1) To determine the identity of the metal, we need to calculate the molar mass. First, we'll find the volume of the unit cell:
a = 2√2 * r
a = 2√2 * 138 pm = 389.6 pm
Now, convert the volume of the unit cell to cm³:
V = (389.6 * 10^(-10) cm)³ = 5.93 * 10^(-23) cm³
The face-centered cubic (fcc) structure has 4 atoms per unit cell. Using the density formula, we can find the molar mass:
density = mass/volume
11.9 g/cm³ = (4 * Molar mass) / (V * Avogadro's number)

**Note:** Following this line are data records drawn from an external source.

-- ===== src/Lifecycle/Processor.antt =====
-- services/lifecycle-cron/app/processor.py, with `remove_sharing_permission` of graph_api.py.
-- One pass reads the clock once per query (`now`); Graph's answers and the mail server's are
-- parameters of the pass.
use share_sentinel.Prelude.{
  ℕ, ◌+◌, ◌*◌, String, Bool, true, false, not, ◌&&◌, ◌||◌, Option, none, some, List, [], ◌∷◌, ◌++◌,
  ltb, leb, beq, filter, ◌==◌, if◌then◌else◌,
}
use share_sentinel.Lifecycle.Row.{
  Status, active, expired_removed, error, Column, notified_120d, notified_150d, notified_165d,
  notified_173d, notified_178d, notified_180d, same_column, Row, Table, update,
}

-- `MAX_REMOVAL_ATTEMPTS`
abbrev pub max_removal_attempts : ℕ
max_removal_attempts = 5

pub record Milestone : Type 0 where
  pub days : ℕ
  pub column : Column
  pub days_remaining : ℕ

abbrev milestone : ℕ → Column → ℕ → Milestone
milestone d c r = record { days = d; column = c; days_remaining = r }

abbrev pub countdowns : List Milestone
countdowns =
    milestone 120 notified_120d 60
    ∷ milestone 150 notified_150d 30
    ∷ milestone 165 notified_165d 15
    ∷ milestone 173 notified_173d 7
    ∷ milestone 178 notified_178d 2
    ∷ []

abbrev pub removal_milestone : Milestone
removal_milestone = milestone 180 notified_180d 0

-- `MILESTONES`
abbrev pub milestones : List Milestone
milestones = countdowns ++ removal_milestone ∷ []

-- The fields of `LifecycleConfig` that a pass reads.
pub record Config : Type 0 where
  pub max_days : ℕ
  pub lifecycle_notifications_enabled : Bool

-- What Graph answers to the DELETE: a status, or a transport error.
pub data Response : Type 0 where
  status_code : ℕ → Response
  transport_error : String → Response

-- What `send_countdown_email` does: returns, or raises.
pub data Sending : Type 0 where
  returns : Bool → Sending
  raises : Sending

-- Graph answers each call, which is for a row at a milestone, by itself.
pub record Environment : Type 0 where
  pub now : Column → ℕ
  pub delete : Column → ℕ → String → String → String → Response
  pub send : Column → Row → Sending

-- A call of `send_countdown_email`.
pub record Email : Type 0 where
  pub to_address : String
  pub row_id : ℕ
  pub remaining : ℕ
  pub removal_date : ℕ
  pub is_removal_notice : Bool

pub record Stats : Type 0 where
  pub notifications_sent : ℕ
  pub links_removed : ℕ
  pub errors : ℕ

-- The table, the calls of the mailer, and the rows for which Graph was asked to delete.
pub record World : Type 0 where
  pub table : Table
  pub emails : List Email
  pub deletions : List Row

pub data Removal : Type 0 where
  removed : Bool → Removal
  failed : String → Removal

-- `resp.raise_for_status()` lets the 2xx codes through.
unfoldable pub remove_sharing_permission : Response → Removal
remove_sharing_permission (transport_error e) = failed e
remove_sharing_permission (status_code c) =
    if beq c 204 || beq c 404
    then removed true
    else if leb 200 c && ltb c 300
    then removed true
    else failed "HTTP status error"

abbrev pub seconds_per_day : ℕ
seconds_per_day = 86400

unfoldable pub compute_removal_date : ℕ → ℕ → ℕ
compute_removal_date link_created_at max_days = link_created_at + max_days * seconds_per_day

abbrev is_null : {A : Type 0} → Option A → Bool
is_null none = true
is_null (some _) = false

abbrev is_active : Status → Bool
is_active active = true
is_active _ = false

-- The WHERE clause of `_fetch_due_rows`.
unfoldable pub is_due : ℕ → Milestone → Row → Bool
is_due now m r =
    is_active r.status
    && is_null (r.notified m.column)
    && leb (r.link_created_at + m.days * seconds_per_day) now

-- ORDER BY slc.link_created_at
unfoldable pub insert_by_created : Row → List Row → List Row
insert_by_created r [] = r ∷ []
insert_by_created r (x ∷ xs) =
    let rest = insert_by_created r xs in
    if leb r.link_created_at x.link_created_at then r ∷ x ∷ xs else x ∷ rest

unfoldable pub order_by_created : List Row → List Row
unfolding insert_by_created
order_by_created [] = []
order_by_created (r ∷ rs) = insert_by_created r (order_by_created rs)

unfoldable pub fetch_due_rows : ℕ → Milestone → Table → List Row
fetch_due_rows now m t = order_by_created (filter (is_due now m) t)

-- `_mark_milestone`: the column of the row that the table holds.
unfoldable pub set_milestone : ℕ → Column → Row → Row
set_milestone now c r = record r {
  notified = λ d. if same_column c d then some now else r.notified d;
}

unfoldable pub mark_milestone : ℕ → ℕ → Column → Table → Table
unfolding update set_milestone
mark_milestone now k c = update k (set_milestone now c)

-- The address of `row.get("mail")`, if it is one: NULL and "" are none.
unfoldable pub user_email : Row → Option String
user_email r = elim r.mail [ none ↦ none | some a ↦ if a == "" then none else some a ]

-- Whether the handler returned: `false` is an exception.
abbrev pub Handled : Type 0
Handled = World × Bool

-- The update behind a removal that Graph confirmed.
unfoldable pub set_removed : ℕ → Bool → Row → Row
set_removed now success r = record r {
  status = expired_removed;
  removal_attempted_at = some now;
  removal_succeeded = some success;
}

-- The attempts counted with this one, from the row as it was fetched.
unfoldable pub attempts_after : Row → ℕ
attempts_after r = elim r.removal_attempts [ none ↦ 1 | some n ↦ n + 1 ]

unfoldable pub set_failed : ℕ → String → ℕ → Row → Row
set_failed now message attempts r = record r {
  status = if leb max_removal_attempts attempts then error else active;
  removal_attempts = some attempts;
  removal_attempted_at = some now;
  removal_succeeded = some false;
  removal_error = some message;
}

module _ (e : Environment) (cfg : Config) where
  countdown_email : Milestone → Row → Bool → String → Email
  countdown_email m r notice address = record {
    to_address = address;
    row_id = r.id;
    remaining = if notice then 0 else m.days_remaining;
    removal_date = compute_removal_date r.link_created_at cfg.max_days;
    is_removal_notice = notice;
  }

  -- What follows a call of the mailer.
  unfoldable pub finish_notification : Milestone → Row → World → Sending → Handled
  unfolding mark_milestone
  finish_notification m r w (returns true) =
      (record w { table = mark_milestone (e.now m.column) r.id m.column w.table }, true)
  finish_notification m r w (returns false) = (w, true)
  finish_notification m r w raises = (w, false)

  -- `_process_notification` behind its test of the address.
  unfoldable pub notify : Milestone → Row → World → Option String → Handled
  unfolding mark_milestone countdown_email finish_notification
  notify m r w none =
      (record w { table = mark_milestone (e.now m.column) r.id m.column w.table }, true)
  notify m r w (some address) =
      finish_notification m r
        (record w { emails = w.emails ++ countdown_email m r false address ∷ [] })
        (e.send m.column r)

  unfoldable pub process_notification : Milestone → Row → World → Handled
  process_notification m r w = notify m r w (user_email r)

  -- The removal notice: its result is not looked at.
  unfoldable pub send_removal_notice : Milestone → Row → World → Handled
  unfolding user_email countdown_email
  send_removal_notice m r w = elim (user_email r) [
    | none ↦ (w, true)
    | some address ↦
        if cfg.lifecycle_notifications_enabled
        then (
          record w { emails = w.emails ++ countdown_email m r true address ∷ [] },
          elim (e.send m.column r) [ returns _ ↦ true | raises ↦ false ],
        )
        else (w, true)
  ]

  -- The two ends of the `try` in `_process_removal`.
  unfoldable pub finish_removal : Milestone → Row → World → Removal → Handled
  unfolding set_removed set_failed attempts_after mark_milestone send_removal_notice
  finish_removal m r w (removed success) =
      let gone = update r.id (set_removed (e.now m.column) success) w.table in
      send_removal_notice m r
        (record w { table = mark_milestone (e.now m.column) r.id m.column gone })
  finish_removal m r w (failed message) = (
    record w {
      table = update r.id (set_failed (e.now m.column) message (attempts_after r)) w.table;
    },
    false,
  )

  unfoldable pub process_removal : Milestone → Row → World → Handled
  process_removal m r w =
      finish_removal m r (record w { deletions = w.deletions ++ r ∷ [] })
        (remove_sharing_permission (e.delete m.column r.id r.drive_id r.item_id r.permission_id))

  unfoldable pub process_row : Milestone → Row → World → Handled
  process_row m r w =
      if leb cfg.max_days m.days then process_removal m r w else process_notification m r w

  -- The counters that the loop adds up.
  unfoldable pub count_row : Milestone → Bool → Stats → Stats
  count_row m true s =
      if leb cfg.max_days m.days
      then record s {
        links_removed = s.links_removed + 1;
        notifications_sent = s.notifications_sent + 1;
      }
      else record s { notifications_sent = s.notifications_sent + 1 }
  count_row m false s = record s { errors = s.errors + 1 }

  unfoldable pub process_rows : Milestone → List Row → World × Stats → World × Stats
  process_rows m [] s = s
  process_rows m (r ∷ rs) (w, s) =
      let (w', done) = process_row m r w in process_rows m rs (w', count_row m done s)

  unfoldable pub is_skipped : Milestone → Bool
  is_skipped m = not cfg.lifecycle_notifications_enabled && ltb m.days cfg.max_days

  unfoldable pub process_milestone : Milestone → World × Stats → World × Stats
  process_milestone m (w, s) =
      if is_skipped m
      then (w, s)
      else process_rows m (fetch_due_rows (e.now m.column) m w.table) (w, s)

  unfoldable pub process_milestones : List Milestone → World × Stats → World × Stats
  process_milestones [] s = s
  process_milestones (m ∷ ms) s = process_milestones ms (process_milestone m s)

  -- `process_lifecycle_milestones`
  unfoldable pub process_lifecycle_milestones : World → World × Stats
  process_lifecycle_milestones w =
      process_milestones milestones
        (w, record { notifications_sent = 0; links_removed = 0; errors = 0 })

Molar mass = (11.9 * 5.93 * 10^(-23) * 6.022 * 10^(23)) / 4
Molar mass ≈ 107 g/mol
The metal with a molar mass of approximately 107 g/mol is silver (Ag).
2) For vanadium, we'll calculate the density using its body-centered cubic (bcc) structure:
a = 4r / √3
a = (4 * 131 pm) / √3 = 302 pm
Now, convert the volume of the unit cell to cm³:
V = (302 * 10^(-10) cm)³ = 2.76 * 10^(-23) cm³
The bcc structure has 2 atoms per unit cell. The molar mass of vanadium is 50.94 g/mol. Using the density formula:
density = (2 * 50.94) / (2.76 * 10^(-23) * 6.022 * 10^(23))
density ≈ 6.11 g/cm³
The density of vanadium is approximately 6.11 g/cm³.